Valem aqui as mesmas ponderações feitas em torno da ajuda de custo: se o empregador efetivamente se limitasse a pagar ao empregado uma quantia equivalente a seus gastos com a condução, não haveria necessidade alguma de controvérsia sobre sua natureza jurídica. Por óbvio, esse seria um típico reembolso de gastos efetuados pelo empregado por força do trabalho e em tudo se assemelharia à ajuda de custo própria.

Diversos questionamentos, porém, surgiram em torno do tema, passando a ser estudado o assunto em minúcias, a começar pelo próprio nome.

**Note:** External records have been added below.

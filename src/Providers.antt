-- ===== src/Providers.antt =====
-- integrations/metering.py, integrations/cache.py, integrations/usage.py and the rows of
-- integrations/models.py: the calls of providers that are counted, the cache of geocodes before
-- them, and the summary of the quotas.
pub mod Usages
pub mod Others
pub mod Geocodes
use javi.Prelude.{
  ℕ, zero, suc, ◌+◌, ◌*◌, ◌-◌, ◌/◌, ◌%◌, String, Bool, true, false, not, ◌&&◌, ◌||◌, ◌==◌, str_eq,
  ltb, round_div, ℤ, pos, negsuc, Option, none, some, List, [], ◌∷◌, ◌++◌, first, any, select,
  update_where, if◌then◌else◌, truthy,
}
use javi.Model.{Coordinate}
use javi.Env.{GeocodeResult, SendResult, MessageText}
use javi.World.{GeocodeEntry}

-- A row of ProviderUsage.
pub record Usage : Type 0 where
  pub metric : String
  pub period : String
  pub count : ℕ

abbrev pub is_usage : String → String → Usage → Bool
is_usage metric period u = str_eq u.metric metric && str_eq u.period period

abbrev pub add_to : ℕ → Usage → Usage
add_to n u = record u { count = u.count + n }

-- The order of rows is that of their insertion.
unfoldable pub get_or_create : String → String → List Usage → List Usage
get_or_create metric period rows =
    if any (is_usage metric period) rows
    then rows
    else record { metric = metric; period = period; count = 0 } ∷ rows

-- `ProviderUsage.record`
unfoldable pub record_usage : String → ℕ → String → List Usage → List Usage
unfolding get_or_create
record_usage metric n period rows =
    update_where (is_usage metric period) (add_to n) (get_or_create metric period rows)

pub record Store : Type 0 where
  pub usage : List Usage
  pub geocodes : List GeocodeEntry

abbrev pub counted : String → String → Store → Store
counted metric period s = record s { usage = record_usage metric 1 period s.usage }

abbrev pub is_messaging_metric : String → Bool
is_messaging_metric channel =
    str_eq channel "telegram"
    || str_eq channel "viber"
    || str_eq channel "whatsapp"
    || str_eq channel "sms"

abbrev pub is_cached : String → GeocodeEntry → Bool
is_cached key g = str_eq g.normalized_address key

unfoldable pub cached_geocode : String → List GeocodeEntry → Option GeocodeEntry
cached_geocode key rows = first (is_cached key) rows

-- `update_or_create`; an insertion sets `created_at`, an update leaves it.
unfoldable pub store_geocode : String → GeocodeResult → ℕ → List GeocodeEntry → List GeocodeEntry
store_geocode key result now rows =
    if any (is_cached key) rows
    then update_where (is_cached key) (λ (g : GeocodeEntry). record g { result = result }) rows
    else record { normalized_address = key; result = result; created_at = now } ∷ rows

-- A provider of maps, of routes or of messages, with what its call does to the tables.
abbrev pub Call : Type 0 → Type 0 → Type 0
Call A B = A → Store → B × Store

abbrev pub plain : {A B : Type 0} → (A → B) → Call A B
plain f a s = (f a, s)

unfoldable pub remember : String → ℕ → Option GeocodeResult × Store → Option GeocodeResult × Store
unfolding store_geocode
remember key now (none, s) = (none, s)
remember key now (some result, s) =
    (some result, record s { geocodes = store_geocode key result now s.geocodes })

-- What a time of a call is to the code, and the setting that turns the metering on.
pub record Metering : Type 0 where
  pub on : Bool
  pub usage_period : ℕ → String
  pub normalize_address : String → String

module _ (m : Metering) (now : ℕ) where
  -- `MeteringMapsProvider.geocode`, `MeteringRoutesProvider.route_duration_seconds`
  unfoldable pub metering_call : {A B : Type 0} → String → Call A B → Call A B
  metering_call metric inner a s = inner a (counted metric (m.usage_period now) s)

  unfoldable pub count_sent : SendResult × Store → SendResult × Store
  count_sent (result, s) =
      if result.succeeded && is_messaging_metric result.channel
      then (result, counted result.channel (m.usage_period now) s)
      else (result, s)

  -- `MeteringMessagingProvider.send_text`
  unfoldable pub metering_send_text :
      Call (String × MessageText) SendResult → Call (String × MessageText) SendResult
  unfolding count_sent
  metering_send_text inner message s = count_sent (inner message s)

  unfoldable pub geocode_missing :
      String
      → Option GeocodeEntry
      → Call String (Option GeocodeResult)
      → Call String (Option GeocodeResult)
  unfolding remember
  geocode_missing key (some g) inner address s = (some g.result, s)
  geocode_missing key none inner address s = remember key now (inner address s)

  -- `CachingMapsProvider.geocode`
  unfoldable pub caching_geocode :
      Call String (Option GeocodeResult) → Call String (Option GeocodeResult)
  unfolding geocode_missing cached_geocode
  caching_geocode inner address s =
      let key = m.normalize_address address in
      if not (truthy key)
      then (none, s)
      else geocode_missing key (cached_geocode key s.geocodes) inner address s

  -- `get_maps_provider`, of what the provider answers
  unfoldable pub get_maps_provider :
      (String → Option GeocodeResult) → Call String (Option GeocodeResult)
  unfolding caching_geocode metering_call
  get_maps_provider provider address s =
      if m.on
      then caching_geocode (metering_call "maps_geocode" (plain provider)) address s
      else caching_geocode (plain provider) address s

  unfoldable pub get_routes_provider :
      ((Coordinate × Coordinate) × (Coordinate × Coordinate) → Option ℕ)
      → Call ((Coordinate × Coordinate) × (Coordinate × Coordinate)) (Option ℕ)
  unfolding metering_call
  get_routes_provider provider ends s =
      if m.on then metering_call "maps_route" (plain provider) ends s else plain provider ends s

  unfoldable pub get_messaging_provider :
      (String × MessageText → SendResult) → Call (String × MessageText) SendResult
  unfolding metering_send_text
  get_messaging_provider provider message s =
      if m.on then metering_send_text (plain provider) message s else plain provider message s

-- A quota of integrations/usage.py.
pub record Bucket : Type 0 where
  pub metrics : List String
  pub monthly : Bool
  pub limit : ℤ

pub record BucketRow : Type 0 where
  pub used : ℕ
  pub limit : ℤ
  pub remaining : Option ℕ
  pub pct : Option ℕ

-- `_buckets`, with the three limits of the settings
abbrev pub buckets : ℤ → ℤ → ℤ → List Bucket
buckets viber sms maps =
    record { metrics = "viber" ∷ []; monthly = false; limit = viber }
    ∷ record { metrics = "sms" ∷ []; monthly = false; limit = sms }
    ∷ record { metrics = "maps_geocode" ∷ "maps_route" ∷ []; monthly = true; limit = maps }
    ∷ []

-- Whether a counter of this metric and period is of the bucket, in the period of the summary.
unfoldable pub falls_in : Bucket → String → String → String → Bool
falls_in b current metric period =
    any (str_eq metric) b.metrics && (not b.monthly || str_eq period current)

unfoldable pub sum_counts : List Usage → ℕ
sum_counts [] = 0
sum_counts (u ∷ rest) = u.count + sum_counts rest

-- `_used`
unfoldable pub used : Bucket → String → List Usage → ℕ
unfolding falls_in sum_counts
used b current rows = sum_counts (select (λ (u : Usage). falls_in b current u.metric u.period) rows)

abbrev pub at_most : ℕ → ℕ → ℕ
at_most top n = if ltb top n then top else n

unfoldable pub bucket_row : ℕ → ℤ → BucketRow
unfolding round_div
bucket_row n (pos (suc l)) = record {
  used = n;
  limit = pos (suc l);
  remaining = some (suc l - n);
  pct = some (at_most 100 (round_div (n * 100) (suc l)));
}
bucket_row n (pos zero) = record { used = n; limit = pos zero; remaining = none; pct = none }
bucket_row n (negsuc l) = record { used = n; limit = negsuc l; remaining = none; pct = none }

unfoldable pub summary : List Bucket → String → List Usage → List BucketRow
unfolding used bucket_row
summary [] current rows = []
summary (b ∷ rest) current rows =
    bucket_row (used b current rows) b.limit ∷ summary rest current rows

-- The summary in Django's cache, until it expires.
pub record Kept : Type 0 where
  pub rows : List BucketRow
  pub expires_at : ℕ

unfoldable pub still_kept : ℕ → Option Kept → Option (List BucketRow)
still_kept clock none = none
still_kept clock (some k) = if ltb clock k.expires_at then some k.rows else none

module _ (m : Metering) (seconds : ℕ) (bs : List Bucket) (clock : ℕ) where
  unfoldable pub fresh_summary : ℕ → List Usage → List BucketRow
  unfolding summary
  fresh_summary now rows = summary bs (m.usage_period now) rows

  unfoldable pub kept_summary :
      Option (List BucketRow) → List Usage → Option Kept → List BucketRow × Option Kept
  unfolding fresh_summary
  kept_summary (some out) rows kept = (out, kept)
  kept_summary none rows kept =
      let out = fresh_summary clock rows in
      (out, some (record { rows = out; expires_at = clock + 60 * seconds }))

  -- `quota_summary`; a call with a time of its own is not cached.
  unfoldable pub quota_summary :
      Option ℕ → Bool → List Usage → Option Kept → List BucketRow × Option Kept
  unfolding kept_summary still_kept
  quota_summary (some now) use_cache rows kept = (fresh_summary now rows, kept)
  quota_summary none true rows kept = kept_summary (still_kept clock kept) rows kept
  quota_summary none false rows kept = (fresh_summary clock rows, kept)
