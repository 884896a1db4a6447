-- ===== src/Providers/Others.antt =====
-- integrations/cache.py: what a request for another address leaves of the cache.
use javi.Prelude.{
  ℕ, String, false, not, ◌≡◌, refl, sym, ◌∙◌, str_eq, eq_iff, Option, none, some, List, [], ◌∷◌,
  any, ap, if-split, update_where, first, if◌then◌else◌, truthy, Bool-cases, inl, inr, subst,
}
use javi.Env.{GeocodeResult}
use javi.World.{GeocodeEntry}
use javi.Providers.{
  Store, Call, is_cached, cached_geocode, store_geocode, plain, remember, Metering, metering_call,
  geocode_missing, caching_geocode, get_maps_provider,
}

update-other :
    (key other : String) (f : GeocodeEntry → GeocodeEntry) (rows : List GeocodeEntry)
    → str_eq other key ≡ false
    → first (is_cached key) (
        update_where
          (is_cached other)
          (λ g. record (f g) { normalized_address = g.normalized_address })
          rows)
      ≡ first (is_cached key) rows
unfolding first update_where
update-other key other f [] h = refl
update-other key other f (g ∷ rows) h =
    let later = update-other key other f rows h in
    elim (Bool-cases (is_cached other g)) [
      | inl own ↦
          let same = (eq_iff g.normalized_address other).0 own in
          let not_key : is_cached key g ≡ false = subst (λ a. str_eq a key ≡ false) (sym same) h in
          rw (own, not_key) later
      | inr kept ↦ rw kept (ap (λ t. if is_cached key g then some g else t) later)
    ]

store-other :
    (key other : String) (r : GeocodeResult) (now : ℕ) (rows : List GeocodeEntry)
    → str_eq other key ≡ false
    → cached_geocode key (store_geocode other r now rows) ≡ cached_geocode key rows
unfolding store_geocode cached_geocode first
store-other key other r now rows h = elim (Bool-cases (any (is_cached other) rows)) [
  | inl old ↦ rw old (update-other key other (λ g. record g { result = r }) rows h)
  | inr new ↦ rw (new, h) refl
]

remembered :
    (key other : String) (now : ℕ) (found : Option GeocodeResult × Store)
    → str_eq other key ≡ false
    → cached_geocode key (remember other now found).1.geocodes ≡ cached_geocode key found.1.geocodes
unfolding remember
remembered key other now (none, s) h = refl
remembered key other now (some r, s) h = store-other key other r now s.geocodes h

module _ (m : Metering) where
  -- A request for an address with another normal form.
  missing-other :
      (key other : String) (now : ℕ) (kept : Option GeocodeEntry)
      (inner : Call String (Option GeocodeResult)) (address : String) (s : Store)
      → str_eq other key ≡ false
      → (inner address s).1.geocodes ≡ s.geocodes
      → cached_geocode key (geocode_missing m now other kept inner address s).1.geocodes
        ≡ cached_geocode key s.geocodes
  unfolding geocode_missing
  missing-other key other now (some g) inner address s h e = refl
  missing-other key other now none inner address s h e =
      remembered key other now (inner address s) h ∙ ap (cached_geocode key) e

  caching-other :
      (key : String) (now : ℕ) (inner : Call String (Option GeocodeResult)) (address : String)
      (s : Store)
      → str_eq (m.normalize_address address) key ≡ false
      → (inner address s).1.geocodes ≡ s.geocodes
      → cached_geocode key (caching_geocode m now inner address s).1.geocodes
        ≡ cached_geocode key s.geocodes
  unfolding caching_geocode
  caching-other key now inner address s h e =
      if-split
        (λ (t : Option GeocodeResult × Store).
          cached_geocode key t.1.geocodes ≡ cached_geocode key s.geocodes)
        (not (truthy (m.normalize_address address))) _ _ (λ empty. refl)
        (λ some_key. missing-other key (m.normalize_address address) now _ inner address s h e)

  counted_geocodes :
      (now : ℕ) (provider : String → Option GeocodeResult) (address : String) (s : Store)
      → (metering_call m now "maps_geocode" (plain provider) address s).1.geocodes ≡ s.geocodes
  unfolding metering_call
  counted_geocodes now provider address s = refl

  pub maps-other :
      (provider : String → Option GeocodeResult) (key address : String) (now : ℕ) (s : Store)
      → str_eq (m.normalize_address address) key ≡ false
      → cached_geocode key (get_maps_provider m now provider address s).1.geocodes
        ≡ cached_geocode key s.geocodes
  unfolding get_maps_provider
  maps-other provider key address now s h = elim (Bool-cases m.on) [
    | inl on ↦ rw on (
        caching-other key now (metering_call m now "maps_geocode" (plain provider)) address s h
          (counted_geocodes now provider address s))
    | inr off ↦ rw off (caching-other key now (plain provider) address s h refl)
  ]
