-- ===== src/Exchange/Forwards.antt =====
-- `_exchange` as a whole: what goes over the two connections, and what is recorded of it.
use decrypt0r_x.Prelude.{◌≡◌, Bool, ◌⊎◌, inl, inr, Bool-cases}
use decrypt0r_x.Policy.{Decision}
use decrypt0r_x.Recorder.Flows.{FlowRecord}
use decrypt0r_x.Http1.Heads.{RequestHead, ResponseHead}
use decrypt0r_x.Exchange.Fallible.{passes, attempt, bind-eq-passes, attempt-eq-passes}
use decrypt0r_x.Exchange.Links.{Library, Link}
use decrypt0r_x.Exchange.Recording.{snapshot, with_request}
use decrypt0r_x.Exchange.{
  is_101, stripped, target_of, forward_request, await_response, answer_client, exchange,
}
use decrypt0r_x.Exchange.Directions.{Asked, asked}
use decrypt0r_x.Exchange.Answers.{Answered, Upgraded, answered, upgraded}

module _ (lib : Library) (decision : Decision) where
  -- When an exchange passes, the request was forwarded without its hop-by-hop headers to the target that the
  -- code makes of its own, with a body as `body_framing` has it; the head of the response was read from the
  -- origin in time; and then either it is no 101, and was forwarded likewise, and the connection is kept as
  -- `keep_alive` says, or it is a 101, was forwarded as it was, and the two directions were relayed and
  -- counted. The record has the two heads and the bodies as they were before, up to the limit of capture.
  pub exchange-Forwards :
      (request : RequestHead) (flow : FlowRecord) (link : Link) (keep : Bool) (flow' : FlowRecord)
      (link' : Link)
      → exchange lib request decision flow link ≡ passes (keep, flow', link')
      → (response : ResponseHead) × (mid : FlowRecord) × (between : Link) × Asked lib decision
          request flow link response mid between
        × (Answered lib decision request response mid between keep flow' link'
            ⊎ Upgraded lib decision response mid between keep flow' link')
  unfolding exchange answer_client
  exchange-Forwards request flow link keep flow' link' h =
      let (target, t, h1) = bind-eq-passes (attempt flow (target_of lib request.target)) _ h in
      let before =
        with_request target request decision.redact (snapshot decision.redact request.headers)
          flow in
      let ((sent, mid_link), f, h2) =
        bind-eq-passes (forward_request lib target (stripped request) decision before link) _ h1 in
      let ((response, mid, between), a, h3) =
        bind-eq-passes (await_response lib decision sent mid_link) _ h2 in
      let first =
        asked lib decision request flow link target sent mid_link response mid between
          (attempt-eq-passes flow _ t) f a in
      elim (Bool-cases (is_101 response.status)) [
        | inl switches ↦ (
          response,
          mid,
          between,
          first,
          inr (
              upgraded lib decision response mid between keep flow' link' switches
                (rw switches at h3)),
        )
        | inr ordinary ↦ (
          response,
          mid,
          between,
          first,
          inl (
              answered lib decision request response mid between keep flow' link'
                (rw ordinary at h3)),
        )
      ]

Até 1985, não havia legislação brasileira sobre a ajuda de custo para o deslocamento do empregado. Inseria-se a questão na livre negociação entre empregados e empregadores, no plano individual ou coletivo.

Ao contrário da ajuda de custo, que compensa o empregado pelas despesas feitas durante o expediente por conta do empregado, havia dúvidas se o transporte era um gasto dentro ou fora do contrato de trabalho. A dúvida tem fundamento, porque normalmente não se computam na jornada de trabalho o tempo gasto entre a residência e o local da atividade, nem seu retorno. Tampouco se considera responsabilidade do empregador proporcionar meios adequados de locomoção aos empregados.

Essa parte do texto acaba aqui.